I just want to go to bed, Mom
, Audrey said,
even though I know you want to talk
.
Yes, of course
, I said.
Talking can wait. You haven't slept in so long
.
I watched as she peeled off the jeans and socks she'd worn in the lake in her last attempt to save the girl. I watched as she pulled the covers up to her chin and closed her eyes, then listened for the rhythmic breathing and slight whistle through her nose that always indicated she was in a deep sleep, ever since she was a baby. It was that whistle that had made me think of singing, that whistle that kept me sitting on the porch, singing in a low voice while I wondered about the girl who had sunk down into the water, down deeper than any of us will ever go.

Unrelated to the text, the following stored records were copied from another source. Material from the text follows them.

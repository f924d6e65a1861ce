-- ===== src/Billing/Taken.antt =====
-- The stock after the products of an invoice are taken (billing.ts, `checkout`).
use mathlib.Core.Path.{subst}
use cafe_retail_software.Security.{Scope}
use cafe_retail_software.Inventory.Booked.{IsStocked, record_movement_effect}
use cafe_retail_software.Inventory.{of_product, add_stock, record_movement}
use cafe_retail_software.Billing.Asked.{asked}
use cafe_retail_software.Prelude.Int.{
  ℤ, ◌-ℤ◌, pos, ◌+ℤ◌, neg, int_laws, +ℤ_parts, leb_ℤ, pos_part, -ℤ_parts, ◌≤ℤ◌, neg_part,
  eq_of_parts,
}
use cafe_retail_software.Documents.{Inventory, sale}
use cafe_retail_software.Database.{Database}
use cafe_retail_software.Billing.Requested.{Requests, has_stock, take_one, take_stock}
use cafe_retail_software.Prelude.{
  ℕ, List, if◌then◌else◌, find_first, ◌≡◌, ◌==◌, ◌&&◌, some, ◌∷◌, All, modify_first, [], arith,
  Bool-cases, inl, inr, true, Bool, ap, ◌+◌, is_some, sym, ◌∙◌, All-modify_first, ◌≢◌, ◌⊎◌,
}
use cafe_retail_software.Result.{
  ok, ok-injective, ensure->>-eq-ok, >>=-eq-ok, ran, insufficient_stock,
}
use cafe_retail_software.Mongo.{Mongo, find_one-cases}

abbrev sum_ℤ : {A : Type 0} → (A → ℤ) → List A → ℤ
sum_ℤ g [] = pos 0
sum_ℤ g (x ∷ xs) = g x +ℤ sum_ℤ g xs

sum_ℤ-modify_first :
    {A : Type 0} (g : A → ℤ) (p : A → Bool) (f : A → A) (d : ℤ) (xs : List A) (r : A)
    → find_first p xs ≡ some r
    → ((x : A) → p x ≡ true → g (f x) ≡ g x +ℤ d)
    → sum_ℤ g (modify_first p f xs) ≡ sum_ℤ g xs +ℤ d
sum_ℤ-modify_first g p f d [] r e step = ground arith
sum_ℤ-modify_first g p f d (x ∷ xs) r e step = elim (Bool-cases (p x)) [
  | inl t ↦ rw t (rw (step x t) (omega int_laws))
  | inr n ↦ rw n (rw (sum_ℤ-modify_first g p f d xs r (rw n at e) step) (omega int_laws))
]

-- The stock in one row, if it is of a product.
abbrev stock_part : ℕ → ℕ → ℕ → Inventory → ℤ
stock_part company branch product r =
    if of_product company branch product r then r.quantity_scaled else pos 0

-- The quantity of a product over all its rows.
abbrev pub stock_total : ℕ → ℕ → ℕ → List Inventory → ℤ
stock_total company branch product = sum_ℤ (stock_part company branch product)

-- What is asked of a product in one branch of one company is asked nowhere else.
abbrev pub asked_at : ℕ → ℕ → Requests → ℕ → ℕ → ℕ → ℕ
asked_at own_company own_branch requests company branch product =
    if (own_company == company) && (own_branch == branch) then asked product requests else 0

stock_part-add_stock :
    (own_company own_branch own quantity : ℕ) (company branch product : ℕ) (x : Inventory)
    → has_stock own_company own_branch own quantity x ≡ true
    → stock_part company branch product (add_stock (neg (pos quantity)) x)
      ≡ stock_part company branch product x
        +ℤ neg (pos (asked_at own_company own_branch ((own, quantity) ∷ []) company branch product))
unfolding ◌+ℤ◌
stock_part-add_stock own_company own_branch own quantity company branch product x e =
    elim (Bool-cases (of_product company branch product x)) [
      | inl t ↦
          let all : quantity
              ≡ asked_at own_company own_branch ((own, quantity) ∷ []) company branch product =
            ground arith in
          rw t (ap (λ n. x.quantity_scaled +ℤ neg (pos n)) all)
      | inr f ↦
          let nothing : 0
              ≡ asked_at own_company own_branch ((own, quantity) ∷ []) company branch product =
            ground arith in
          rw f (ap (λ n. pos 0 +ℤ neg (pos n)) nothing)
    ]

pub asked_at_own :
    (company branch : ℕ) (requests : Requests) (product : ℕ)
    → asked_at company branch requests company branch product ≡ asked product requests
asked_at_own company branch requests product = ground arith

pub asked_at_other :
    (own_company own_branch : ℕ) (requests : Requests) (company branch product : ℕ)
    → (own_company ≢ company) ⊎ (own_branch ≢ branch)
    → asked_at own_company own_branch requests company branch product ≡ 0
asked_at_other own_company own_branch requests company branch product other = ground arith

pub none_left : (a : ℤ) (n : ℕ) → n ≡ 0 → a ≡ a -ℤ pos n
none_left a n e = omega int_laws

-- What two maps ask together.
asked_at-cons :
    (own_company own_branch own quantity : ℕ) (rest : Requests) (company branch product : ℕ)
    → asked_at own_company own_branch ((own, quantity) ∷ rest) company branch product
      ≡ asked_at own_company own_branch ((own, quantity) ∷ []) company branch product
        + asked_at own_company own_branch rest company branch product
asked_at-cons own_company own_branch own quantity rest company branch product = ground arith

left_twice : (a b c : ℤ) (n k : ℕ) → b ≡ a -ℤ pos n → c ≡ b -ℤ pos k → c ≡ a -ℤ pos (n + k)
left_twice a b c n k h e =
    omega (int_laws, ap pos_part h, ap neg_part h, ap pos_part e, ap neg_part e)

minus_neg : (a : ℤ) (n : ℕ) → a +ℤ neg (pos n) ≡ a -ℤ pos n
minus_neg a n = ground (
  arith,
  +ℤ_parts a (neg (pos n)),
  -ℤ_parts a (pos n),
  eq_of_parts (a +ℤ neg (pos n)) (a -ℤ pos n),
)

-- A row with enough stock is not emptied below nothing.
enough_left : (a : ℤ) (n : ℕ) → leb_ℤ (pos n) a ≡ true → pos 0 ≤ℤ a +ℤ neg (pos n)
enough_left a n h = ground (arith, +ℤ_parts a (neg (pos n)))

module _ (m : Mongo) where
  -- What has been taken of the stock, and nowhere is it negative where it was not before.
  pub record IsTaken (company branch : ℕ) (requests : Requests) (s t : Database m) : Type 0 where
    pub left :
        (company' branch' product : ℕ)
        → stock_total company' branch' product (m.docs t.inventory)
          ≡ stock_total company' branch' product (m.docs s.inventory)
            -ℤ pos (asked_at company branch requests company' branch' product)
    pub stocked : All IsStocked (m.docs s.inventory) → All IsStocked (m.docs t.inventory)

  take_one-IsTaken :
      (scope : Scope) (branch invoice product quantity : ℕ) (s : Database m) {t : Database m}
      → take_one m scope branch invoice product quantity s ≡ ok (tt, t)
      → IsTaken scope.company.id branch ((product, quantity) ∷ []) s t
  unfolding take_one
  take_one-IsTaken scope branch invoice product quantity s h =
      let c = scope.company.id in
      let there = has_stock c branch product quantity in
      let s1 : Database m = record s {
        inventory = m.update_one there (add_stock (neg (pos quantity))) s.inventory;
      } in
      let (found, h1) =
        ensure->>-eq-ok (is_some (m.find_one there s.inventory)) insufficient_stock _ s1 h in
      elim (>>=-eq-ok
        (record_movement m sale c branch product (neg (pos quantity)) (some invoice) scope.user.id)
        _ s1 h1) [
          | ran movement u moved h2 ↦
              let (_, _, _, _, _, kept, _) =
                record_movement_effect m sale c branch product (neg (pos quantity)) (some invoice)
                  scope.user.id s1 moved in
              let written : m.docs u.inventory
                  ≡ modify_first there (add_stock (neg (pos quantity))) (m.docs s.inventory) =
                rw kept (m.docs-update_one there (add_stock (neg (pos quantity))) s.inventory) in
              elim (find_one-cases m there s.inventory) [
                | inl missing ↦ absurd (ground arith)
                | inr (r, one, passes) ↦
                    let first : find_first there (m.docs s.inventory) ≡ some r =
                      sym (m.find_one-eq there s.inventory) ∙ one in
                    subst (λ p. IsTaken c branch ((product, quantity) ∷ []) s p.1) (ok-injective h2)
                      (record {
                        left = λ company' branch' product'. rw written (
                            sum_ℤ-modify_first (stock_part company' branch' product') there
                              (add_stock (neg (pos quantity))) _ (m.docs s.inventory) r first
                              (stock_part-add_stock c branch product quantity company' branch'
                                product')
                            ∙ minus_neg _ _);
                        stocked = λ h. rw written (
                            All-modify_first IsStocked there (add_stock (neg (pos quantity)))
                              (m.docs s.inventory) r first
                              (enough_left r.quantity_scaled quantity (ground arith)) h);
                      })
              ]
        ]

  pub take_stock-IsTaken :
      (scope : Scope) (branch invoice : ℕ) (requests : Requests) (s : Database m) {t : Database m}
      → take_stock m scope branch invoice requests s ≡ ok (tt, t)
      → IsTaken scope.company.id branch requests s t
  unfolding take_stock
  take_stock-IsTaken scope branch invoice [] s h =
      subst (λ p. IsTaken scope.company.id branch [] s p.1) (ok-injective h)
        (record {
          left = λ company' branch' product'. none_left _ _ (ground arith);
          stocked = λ h. h;
        })
  take_stock-IsTaken scope branch invoice ((product, quantity) ∷ rest) s h =
      elim (>>=-eq-ok (take_one m scope branch invoice product quantity) _ s h) [
        | ran _ u taken h1 ↦
            let first = take_one-IsTaken scope branch invoice product quantity s taken in
            let later = take_stock-IsTaken scope branch invoice rest u h1 in
            record {
              left = λ company' branch' product'.
                  rw
                    (asked_at-cons scope.company.id branch product quantity rest company' branch'
                      product')
                    (left_twice _ _ _ _ _ (first.left company' branch' product')
                      (later.left company' branch' product'));
              stocked = λ h. later.stocked (first.stocked h);
            }
      ]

After I close the windows on the porch and get onto the cot in the guestroom, where I have been sleeping ever since Colin first convinced himself the television would explode, I realize I have not checked on Colin since the morning, when the phone calls began, telling us Ethan had gone missing. Colin had spoken to me that morning. He hadn't in weeks, not in sentences, not with the kind of meaning that happens between husbands and wives, even in marriages strained by children, illness, or the distraction of baking. When Audrey explained to him that we had to leave right away, he actually seemed to understand, though not at first.
Please, Dad
, she said,
put down your ball and listen for a minute. Ethan's helpless. He gets locked in his bedroom at night, and he got out. He can't be let out alone
.
I remember Colin turning to me and saying,
What a terrible thing it must be for him to be locked up like that
.
I hadn't answered then, but I think I can now. I pad into the living room and find Colin just sitting, holding his Nerf ball. He is not playing a game. He is looking first at the television and then at the ball and then back at the television again.
The boy is all right
, I say. I sit down next to him on the sofa. He does not try to move away from me.
This morning you said how hard it must be, and you are right, Colin. It is hard
.
He lays the ball down in the space between us.
Yes
, he says.
It is
.
Six months later, I discover that Colin is gone. It is spring, that time when we are still just a town that happens to have a lake, a town that will change with the arrival of the summer people who take up residence in the cottages along the lakeshore and bring with them children in matching bathing suits and sand toys and chairs and towels. I tell no one. Audrey has only begun to sleep again, and she and Caroline and Rebecca laugh during the evenings in Audrey's room. Every Thursday Buck and I drive to Libby's, where he and Ethan sit and watch cartoons. Libby's husband works late most nights, and she takes comfort in the bits of dreams she has begun to have again. Sometimes she even tells them to me. Rebecca and Greg continue to meet, but never on Magda's porch.